## Material for this exercise
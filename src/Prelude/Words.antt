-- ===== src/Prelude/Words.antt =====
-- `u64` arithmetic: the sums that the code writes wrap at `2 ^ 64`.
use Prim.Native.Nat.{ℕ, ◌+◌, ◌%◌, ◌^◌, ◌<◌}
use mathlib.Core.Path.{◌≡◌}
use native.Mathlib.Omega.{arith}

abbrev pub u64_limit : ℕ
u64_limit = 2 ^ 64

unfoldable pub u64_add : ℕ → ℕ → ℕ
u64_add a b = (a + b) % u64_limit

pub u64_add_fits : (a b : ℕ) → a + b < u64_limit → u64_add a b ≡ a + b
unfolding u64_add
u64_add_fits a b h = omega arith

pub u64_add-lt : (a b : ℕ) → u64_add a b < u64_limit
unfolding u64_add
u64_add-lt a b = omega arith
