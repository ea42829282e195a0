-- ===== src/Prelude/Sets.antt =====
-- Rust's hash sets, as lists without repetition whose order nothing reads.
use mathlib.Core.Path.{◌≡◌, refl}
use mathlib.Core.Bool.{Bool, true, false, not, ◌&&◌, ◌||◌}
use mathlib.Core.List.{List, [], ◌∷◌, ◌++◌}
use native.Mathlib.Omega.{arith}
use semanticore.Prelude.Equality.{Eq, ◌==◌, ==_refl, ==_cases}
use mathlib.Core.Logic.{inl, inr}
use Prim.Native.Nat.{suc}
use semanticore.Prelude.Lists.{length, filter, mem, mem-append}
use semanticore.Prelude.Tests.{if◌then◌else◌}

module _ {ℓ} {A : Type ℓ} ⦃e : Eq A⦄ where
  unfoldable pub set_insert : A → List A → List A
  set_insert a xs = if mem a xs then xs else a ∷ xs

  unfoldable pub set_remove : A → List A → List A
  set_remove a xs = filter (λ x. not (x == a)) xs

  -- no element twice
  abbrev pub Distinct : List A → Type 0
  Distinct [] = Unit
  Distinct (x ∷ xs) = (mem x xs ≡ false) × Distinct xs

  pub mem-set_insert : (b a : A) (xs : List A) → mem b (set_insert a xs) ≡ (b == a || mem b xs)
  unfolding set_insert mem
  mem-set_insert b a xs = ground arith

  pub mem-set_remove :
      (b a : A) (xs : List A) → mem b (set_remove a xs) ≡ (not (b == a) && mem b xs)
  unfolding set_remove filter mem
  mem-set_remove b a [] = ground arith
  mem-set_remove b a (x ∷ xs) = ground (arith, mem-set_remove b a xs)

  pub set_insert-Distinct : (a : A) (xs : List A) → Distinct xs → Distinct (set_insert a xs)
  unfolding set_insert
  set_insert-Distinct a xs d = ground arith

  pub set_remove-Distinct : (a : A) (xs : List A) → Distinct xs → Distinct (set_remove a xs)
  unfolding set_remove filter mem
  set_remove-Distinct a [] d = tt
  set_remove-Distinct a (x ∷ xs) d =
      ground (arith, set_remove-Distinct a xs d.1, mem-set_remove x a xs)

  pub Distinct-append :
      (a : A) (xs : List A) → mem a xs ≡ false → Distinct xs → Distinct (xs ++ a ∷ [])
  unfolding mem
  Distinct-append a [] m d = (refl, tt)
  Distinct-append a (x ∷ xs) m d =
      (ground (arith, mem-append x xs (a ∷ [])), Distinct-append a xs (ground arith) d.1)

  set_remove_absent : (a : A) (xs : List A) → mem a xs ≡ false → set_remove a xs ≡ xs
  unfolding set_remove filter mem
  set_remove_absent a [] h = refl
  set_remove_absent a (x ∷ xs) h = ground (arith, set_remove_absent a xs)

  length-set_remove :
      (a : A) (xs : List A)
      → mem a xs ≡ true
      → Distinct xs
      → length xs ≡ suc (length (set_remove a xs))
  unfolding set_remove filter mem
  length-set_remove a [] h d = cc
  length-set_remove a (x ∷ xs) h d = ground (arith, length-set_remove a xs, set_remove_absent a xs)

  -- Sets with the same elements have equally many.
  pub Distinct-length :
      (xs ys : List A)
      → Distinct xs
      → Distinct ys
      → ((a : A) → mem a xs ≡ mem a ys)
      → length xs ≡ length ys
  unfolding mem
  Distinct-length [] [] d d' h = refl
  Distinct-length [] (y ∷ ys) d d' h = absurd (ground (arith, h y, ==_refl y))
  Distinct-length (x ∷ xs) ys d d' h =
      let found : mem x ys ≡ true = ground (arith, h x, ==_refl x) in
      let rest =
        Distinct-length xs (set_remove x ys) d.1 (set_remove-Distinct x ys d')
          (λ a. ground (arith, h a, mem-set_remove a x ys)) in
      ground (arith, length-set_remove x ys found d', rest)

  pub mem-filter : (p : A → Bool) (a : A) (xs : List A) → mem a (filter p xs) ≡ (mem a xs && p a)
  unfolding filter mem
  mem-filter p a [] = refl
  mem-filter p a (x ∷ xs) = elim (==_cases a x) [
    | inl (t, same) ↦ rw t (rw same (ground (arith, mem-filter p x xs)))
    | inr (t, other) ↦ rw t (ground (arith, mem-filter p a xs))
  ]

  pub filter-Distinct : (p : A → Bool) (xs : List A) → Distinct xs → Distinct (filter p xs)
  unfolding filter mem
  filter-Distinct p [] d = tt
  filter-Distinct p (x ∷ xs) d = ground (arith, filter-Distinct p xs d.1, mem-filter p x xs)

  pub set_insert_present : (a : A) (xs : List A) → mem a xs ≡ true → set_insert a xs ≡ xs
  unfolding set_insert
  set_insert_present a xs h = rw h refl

## Problem statement
Going down the listing above, begin printing at the line with "ground (arith, length-set_remove x" and finish with the line with "filter-Distinct p [] d = tt", exactly as they appear.

## Answer to the exercise
      ground (arith, length-set_remove x ys found d', rest)

  pub mem-filter : (p : A → Bool) (a : A) (xs : List A) → mem a (filter p xs) ≡ (mem a xs && p a)
  unfolding filter mem
  mem-filter p a [] = refl
  mem-filter p a (x ∷ xs) = elim (==_cases a x) [
    | inl (t, same) ↦ rw t (rw same (ground (arith, mem-filter p x xs)))
    | inr (t, other) ↦ rw t (ground (arith, mem-filter p a xs))
  ]

  pub filter-Distinct : (p : A → Bool) (xs : List A) → Distinct xs → Distinct (filter p xs)
  unfolding filter mem
  filter-Distinct p [] d = tt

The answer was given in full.